Your objective
Below is a listing; restate from it, character for character, the lines beginning at the line holding "let t = format_round" and ending at the line holding "(format_loop (length str) str params", both included.

Recorded data
..............................

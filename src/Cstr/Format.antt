-- ===== src/Cstr/Format.antt =====
-- `cstr::format`: the text goes to `formatBuffer` at `x + fBufferOffset`.
use waifu_os.Prelude.{
  ℕ, zero, suc, ◌+◌, ◌-◌, Bool, true, false, ◌&&◌, [], ◌∷◌, ltb, leb, ◌==◌, if◌then◌else◌, length,
  u64, add64, sub64,
}
use waifu_os.Cstr.{CString, Buffer, write, char_at}
use waifu_os.Cstr.Numbers.{to_string}

abbrev pub is_digit : ℕ → Bool
is_digit c = leb 0x30 c && leb c 0x39

-- The loop that copies the text of a parameter.
unfoldable pub put_string : Buffer → ℕ → CString → Buffer
put_string buffer at [] = buffer
put_string buffer at (c ∷ str) = put_string (write buffer at c) (at + 1) str

pub record FormatState : Type 0 where
  pub x : ℕ
  pub f_buffer_offset : ℕ
  pub format_buffer : Buffer

-- The lambda `Insert`, for the parameter that a digit names.
abbrev pub insert : (ℕ → ℕ) → Bool → ℕ → FormatState → FormatState
insert params use_hex chr s =
    let pstr = to_string (params (chr - 0x30)) use_hex in
    record s {
      format_buffer = put_string s.format_buffer (u64 (s.x + s.f_buffer_offset)) pstr;
      f_buffer_offset = add64 s.f_buffer_offset (sub64 (length pstr) 1);
    }

-- `x += n; fBufferOffset -= n;`
abbrev pub skip : ℕ → FormatState → FormatState
skip n s = record s { x = s.x + n; f_buffer_offset = sub64 s.f_buffer_offset n }

-- One round of the loop, without `x++`: nothing is written for a `%` that no digit follows.
unfoldable pub format_round : CString → (ℕ → ℕ) → FormatState → FormatState
format_round str params s =
    if char_at str s.x == 0x25
    then (if char_at str (s.x + 1) == 0x78
        then (if is_digit (char_at str (s.x + 2))
            then skip 2 (insert params true (char_at str (s.x + 2)) s)
            else s)
        else if is_digit (char_at str (s.x + 1))
        then skip 1 (insert params false (char_at str (s.x + 1)) s)
        else s)
    else record s {
      format_buffer = write s.format_buffer (u64 (s.x + s.f_buffer_offset)) (char_at str s.x);
    }

unfoldable pub format_loop : ℕ → CString → (ℕ → ℕ) → FormatState → FormatState
format_loop zero str params s = s
format_loop (suc fuel) str params s = elim (ltb s.x (length str)) [
  | false ↦ s
  | true ↦
      let t = format_round str params s in format_loop fuel str params (record t { x = t.x + 1 })
]

-- `format`: every round moves `x`, so one round for each character is enough.
unfoldable pub format : CString → (ℕ → ℕ) → Buffer
format str params =
    (format_loop (length str) str params
      (record { x = 0; f_buffer_offset = 0; format_buffer = λ i. 0 })).format_buffer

..............................

Solution
      let t = format_round str params s in format_loop fuel str params (record t { x = t.x + 1 })
]

-- `format`: every round moves `x`, so one round for each character is enough.
unfoldable pub format : CString → (ℕ → ℕ) → Buffer
format str params =
    (format_loop (length str) str params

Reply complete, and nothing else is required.